Cell-type specificity expression and functional trajectory inference
The results related to data preprocessing and the principal component analysis heatmap were placed in the supplementary files (Fig. S3). After standardizing the single-cell dataset, no significant batch effects were detected (Fig. 9A). Subsequently, we identified nine distinct cell types from the 15 clusters (Mainly including Monocyte, T cells, Resident natural killer cell, B cell, Macrophage, Mast cell, and Dendritic cell) (Figs. 9B-E). All genes in the BIRC gene family, except for BIRC7, exhibited cell-type-specific enrichment in PCa samples.

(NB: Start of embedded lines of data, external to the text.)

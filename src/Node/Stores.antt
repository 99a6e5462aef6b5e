-- ===== src/Node/Stores.antt =====
-- The store of a running node.
use mathlib.Core.Path.{subst}
use mathlib.Core.Option.{some-injective}
use rust_high_throughput_sta.Config.{resolved_node_id}
use rust_high_throughput_sta.Common.{◌^◌, ◌&&◌, ltb, Bool-cases, inl, inr, sym, some, String, ◌≡◌}
use rust_high_throughput_sta.HashMap.Laws.{IsDistinct}
use rust_high_throughput_sta.Config.{Config}
use rust_high_throughput_sta.State.Store
use rust_high_throughput_sta.State.Store.{StateStore, lookup, merge_delta}
use rust_high_throughput_sta.State.Store.Covers.{Precedes}
use rust_high_throughput_sta.State.Store.Effect.{
  Effect, kept, merged, Extends, Extends-refl, Extends-trans, Effect-Extends,
}
use rust_high_throughput_sta.Gossip.Peer.{Instant}
use rust_high_throughput_sta.Gossip.Protocol.{GossipMessage, Result, ok, err, read_message}
use rust_high_throughput_sta.Gossip.Manager.{after_read, handle_inbound, receive}
use rust_high_throughput_sta.Rpc.Server.{running, finished, failed, panicked}
use rust_high_throughput_sta.Rpc.Server.Effects.{step-ChangesTo}
use rust_high_throughput_sta.Node.{
  Crates, Node, main, node_of, start_manager, after_round, tick, serve_inbound, finish, handler_of,
  Step, serving, gossiping, server_binds, server_bind_fails, server_accepts, server_stops,
  connection_goes_on, manager_starts, listener_binds, listener_bind_fails, listener_accepts,
  listener_stops, inbound_served, scheduler_starts, scheduler_panics, scheduler_ticks,
  scheduler_stops, send_finishes, manager_stops, ctrl_c, ctrl_c_fails, main_returns, Reach, here,
  next,
}

module _ {Value M R W : Type 0} (crates : Crates Value M R W) where
  open crates use {dash, json, messages, acks, source, sink}

  after_read-Effect :
      (now : Instant) (w : W) (s : StateStore) (peers : M) (r : Result (GossipMessage × R))
      → Effect s (after_read dash messages acks source sink now w s peers r).store
  unfolding receive
  after_read-Effect now w s peers (ok (msg, r)) = merged msg.deltas
  after_read-Effect now w s peers (err e) = kept

  -- Every step of a node changes its store as a step of a cluster does: not at all, by a `set` with
  -- its own node id, or by the merge of a delta.
  pub Step-Effect : {n m : Node M R W} → Step crates n m → Effect n.store m.store
  unfolding start_manager after_round tick serve_inbound finish handle_inbound
  Step-Effect (serving (server_binds e)) = kept
  Step-Effect (serving (server_bind_fails e)) = kept
  Step-Effect (serving (server_accepts w e)) = kept
  Step-Effect (serving (server_stops e c)) = kept
  Step-Effect {n}
        (serving (connection_goes_on now instant before after k arm (running h cn) e a st)) =
      (step-ChangesTo json dash sink now instant (handler_of crates n) k arm (running h cn)
        st).effect
  Step-Effect (serving (connection_goes_on now instant before after k arm finished e a st)) = kept
  Step-Effect {n} (serving (connection_goes_on now instant before after k arm (failed h) e a st)) =
      (step-ChangesTo json dash sink now instant (handler_of crates n) k arm (failed h) st).effect
  Step-Effect (serving (connection_goes_on now instant before after k arm panicked e a st)) = kept
  Step-Effect (gossiping (manager_starts now e)) = kept
  Step-Effect (gossiping (listener_binds e f)) = kept
  Step-Effect (gossiping (listener_bind_fails e f)) = kept
  Step-Effect (gossiping (listener_accepts r w e)) = kept
  Step-Effect (gossiping (listener_stops e c)) = kept
  Step-Effect {n} (gossiping (inbound_served now r w before after e)) =
      after_read-Effect now w n.store n.peers (read_message messages source r)
  Step-Effect (gossiping (scheduler_starts e f z)) = kept
  Step-Effect (gossiping (scheduler_panics e f z)) = kept
  Step-Effect (gossiping (scheduler_ticks shuffle p e)) = kept
  Step-Effect (gossiping (scheduler_stops e c)) = kept
  Step-Effect (gossiping (send_finishes now s answer before after e)) = kept
  Step-Effect (gossiping (manager_stops e f g)) = kept
  Step-Effect (ctrl_c e f) = kept
  Step-Effect (ctrl_c_fails e f) = kept
  Step-Effect (main_returns e c f g) = kept

  Reach-Extends : {n m : Node M R W} → Reach crates n m → Extends n.store m.store
  Reach-Extends {n} here = Extends-refl n.store
  Reach-Extends {n} (next {m} {o} r s) =
      Extends-trans n.store m.store o.store (Reach-Extends r) (Effect-Extends (Step-Effect s))

  -- Whatever its tasks do and in whatever order, a node that runs on from any state never loses a
  -- value: each key keeps what it held or gets something that is not older, and the node its id.
  pub Reach-no_loss :
      {n m : Node M R W}
      → Reach crates n m
      → ((k : String) → Precedes (lookup k n.store) (lookup k m.store))
        × (m.store.node_id ≡ n.store.node_id)
  Reach-no_loss r = ((Reach-Extends r).precedes, (Reach-Extends r).same_node)

  -- The node that `main` starts with, if it does not panic.
  abbrev pub begun : String → Config → Node M R W
  begun fresh_uuid config =
      node_of crates config
        (Store.created (resolved_node_id fresh_uuid config) config.event_channel_capacity)

  pub Reach-begun :
      (fresh_uuid : String) (config : Config) {n₀ n : Node M R W}
      → main crates fresh_uuid config ≡ some n₀
      → Reach crates n₀ n
      → Reach crates (begun fresh_uuid config) n
  unfolding main Store.new
  Reach-begun fresh_uuid config {n = n} e r =
      elim (Bool-cases
        (ltb 0 config.event_channel_capacity && ltb config.event_channel_capacity (2 ^ 63))) [
          | inl small ↦ subst (λ m. Reach crates m n) (some-injective _ _ (sym (rw small at e))) r
          | inr panics ↦ cc (rw panics at e)
        ]

  pub begun-IsDistinct :
      (fresh_uuid : String) (config : Config) {n : Node M R W}
      → Reach crates (begun fresh_uuid config) n
      → IsDistinct n.store.state
  unfolding Store.created
  begun-IsDistinct fresh_uuid config r = (Reach-Extends r).distinct tt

The results showed that BIRC5 was mainly enriched in T cells (cluster 13), while BIRC3 exhibited enrichment in most cell types (Figs. 9F, G). Trajectory analysis was a bioinformatics method that inferred and constructed the developmental trajectory of cells within biological processes. This was achieved by examining gene expression changes in cells belonging to different clusters. This approach helps to understand transitions in cell states, changes in gene expression, and the dynamic nature of biological processes. There were three independent trajectory directions in different cell types, whereas the T cell crossed all three directions, suggesting that T cells played a significant role in shaping the immune microenvironment of prostate tumors (Fig. 9H). Additionally, monocytes likely served as the initiation point for the formation of the immune microenvironment (Fig. 9I). Cell trajectory analysis heatmaps revealed a positive correlation between BIRC5/ BIRC7 and pseudotime values, suggesting their distinct roles in the mid-to-late stages of tumor development (Fig. 9J). To further investigate the role of BIRC5 in T cells, we performed a re-clustering of the T-cell cluster, resulting in the identification of 10 clusters and 8 T-cell subtypes (Figs. 10A, B). We observed that BIRC5 was mainly enriched in proliferative T cells, whereas BIRC3 was enriched in regulatory T cells, and BIRC7 expression was undetected (Fig. 10C). Highly expressed BIRC5-characterized proliferative T cells resided at the origin of the cell trajectory map, suggesting their potential pivotal role in the evolution of T cells within the PCa immune microenvironment (Figs. 10D-G).